Wellness Wednesday: Water is Life

Wellness Wednesday: Water is Life

Looking for another resolution to commit to in 2022? Consider making a resolution to drink water. It’s a simple and easy habit you can build up that will have a positive impact on your health.

Water and The Body

Did you know that adult bodies contain up to 70% water? That high percentage of water content is a trait we share with the humble potato. Staying hydrated is crucial for your health and wellness. 

Water can help your body:

  • Keep a normal temperature
  • Lubricate and cushion joints
  • Protect your spinal cord and other vital organs
  • Get rid of waste through urination, perspiration, and bowel movements

Drinking plenty of water everyday will also stave off dehydration, which can have a dramatic and debilitating effect on both your physical and mental health.

How Much Water Should I Drink?

According to research from the U.S. National Academies of Sciences, Engineering, and Medicine, an adequate daily fluid intake of water is around 15.5 cups (3.7 liters) a day for men and 11.5 cups (2.7 liters) a day for women. This number can vary depending on your body weight, so it’s important to track your weight to make sure you’re drinking enough water.

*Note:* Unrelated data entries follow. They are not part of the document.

-- ===== src/Agent/Loop.antt =====
-- `run_forever` of test-server/test_server/agent.py: the two loops, and the loop of the
-- heartbeats. Answers come as a list; a loop that the list does not end goes on. Times are in microseconds.
use slack_runtests.Client.Calls.{heartbeat_call, claim_call, enroll_call}
use slack_runtests.Prelude.{
  All, List, Option, Text, [], arith, if◌then◌else◌, inl, inr, leb, length, none, refl, some, ℕ,
  ◌*◌, ◌+◌, ◌∷◌, ◌≡◌, ◌≢◌,
}
use slack_runtests.Python.{Bytes, Exn, Result, ok, raised}
use slack_runtests.Identity.{Crypto}
use slack_runtests.Store.{job}
use slack_runtests.Client.{Answer, Called-cases, EdgeClient, edge_error, failed_with, returned}
use slack_runtests.Reporter.{Payload}
use slack_runtests.Agent.Execute.{AgentConfig, Meeting, Trace, did, died, execute, sleeps, ◌then◌}

-- What the loops read of the configuration.
pub record Waiting : Type 0 where
  pub retry : ℕ
  pub max_retry : ℕ

-- `min(delay * 2, cfg.max_retry_seconds)`
unfoldable pub longer : Waiting → ℕ → ℕ
longer w delay = if leb (delay * 2) w.max_retry then delay * 2 else w.max_retry

module _ (c : Crypto) (J : Type 0) (json_of : Bytes → Option J)
    (edge_key_of : J → Result Text) where
  -- The enrolment: the client, the waits, and how it ended, if it did.
  pub record Enrolled : Type 0 where
    pub client : EdgeClient c
    pub waits : List ℕ
    pub end : Option (Result J)

  abbrev pub after_wait : ℕ → Enrolled → Enrolled
  after_wait delay e = record e { waits = delay ∷ e.waits }

  -- The loop of the enrolment.
  unfoldable pub enrol_loop : Waiting → ℕ → EdgeClient c → List (Answer × ℕ) → Enrolled
  unfolding longer enroll_call
  enrol_loop w delay client [] = record { client = client; waits = []; end = none }
  enrol_loop w delay client ((answer, now) ∷ more) =
      let (client', ends) = enroll_call c J json_of edge_key_of client answer now in
      let again = after_wait delay (enrol_loop w (longer w delay) client' more) in
      elim ends [
        | returned payload ↦ record { client = client'; waits = []; end = some (ok payload) }
        | edge_error r ↦ again
        | failed_with x ↦ record { client = client'; waits = []; end = some (raised x) }
      ]

  -- A turn of the loop of work: how the edge answers, when, and what a job meets.
  pub record Turn : Type 0 where
    pub answer : Answer
    pub now : ℕ
    pub meeting : Meeting

  -- The loop of work; `payload_of` reads a job.
  unfoldable pub poll_loop :
      (J → Payload) → AgentConfig → Waiting → ℕ → EdgeClient c → List Turn → Trace
  unfolding longer claim_call execute
  poll_loop payload_of cfg w delay client [] = did []
  poll_loop payload_of cfg w delay client (t ∷ turns) =
      let rest = poll_loop payload_of cfg w w.retry client turns in
      let again = poll_loop payload_of cfg w (longer w delay) client turns in
      elim (claim_call c J json_of edge_key_of client t.answer t.now) [
        | returned none ↦ rest
        | returned (some job) ↦ execute cfg t.meeting (payload_of job) then rest
        | edge_error r ↦ did (sleeps delay ∷ []) then again
        | failed_with x ↦ died x
      ]

  -- `_heartbeat_loop`, with the answers to its heartbeats until it is stopped: how many it sends, and
  -- the exception that ends its thread, if one does; only an EdgeError is caught.
  unfoldable pub heartbeat_loop : EdgeClient c → List (Answer × ℕ) → ℕ × Option Exn
  unfolding heartbeat_call
  heartbeat_loop client [] = (0, none)
  heartbeat_loop client ((answer, now) ∷ more) =
      let rest = heartbeat_loop client more in
      elim (heartbeat_call c J json_of edge_key_of client answer now) [
        | returned payload ↦ (1 + rest.0, rest.1)
        | edge_error r ↦ (1 + rest.0, rest.1)
        | failed_with x ↦ (1, some x)
      ]

  -- A heartbeat that is not answered, or answered in a way that raises an EdgeError or returns.
  abbrev pub IsBorne : EdgeClient c → Answer × ℕ → Type 0
  IsBorne client (answer, now) =
      (x : Exn) → heartbeat_call c J json_of edge_key_of client answer now ≢ failed_with x

  -- Refusals, unsigned replies and an edge that is down do not end the heartbeats: as long as no
  -- answer raises another exception, every one is sent.
  heartbeat_loop-length :
      (client : EdgeClient c) (answers : List (Answer × ℕ))
      → All (IsBorne client) answers
      → heartbeat_loop client answers ≡ (length answers, none)
  unfolding heartbeat_loop
  heartbeat_loop-length client [] h = refl
  heartbeat_loop-length client ((answer, now) ∷ more) h =
      elim (Called-cases (heartbeat_call c J json_of edge_key_of client answer now)) [
        | inl (payload, e) ↦
            rw (e, heartbeat_loop-length client more h.1, heartbeat_loop) (ground arith)
        | inr (inl (r, e)) ↦
            rw (e, heartbeat_loop-length client more h.1, heartbeat_loop) (ground arith)
        | inr (inr (x, e)) ↦ absurd (h.0 x e)
      ]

Another thing to keep in mind is that certain conditions can dehydrate and require you to drink more water to replenish your body. If you find yourself experiencing any of these situations you should consider increasing the amount of water you drink that day to compensate:

  • Hot climates
  • You are more physically active than usual
  • Running a fever
  • Having diarrhea or vomiting

Alcohol can cause your body to lose water due to being a diuretic. And while caffeine doesn’t cause dehydration it causes symptoms that are very similar. Supplementing your alcoholic drinks, sodas, and fruit drinks with a glass of water is a good way to stay on top of your hydration and keep your body fueled up.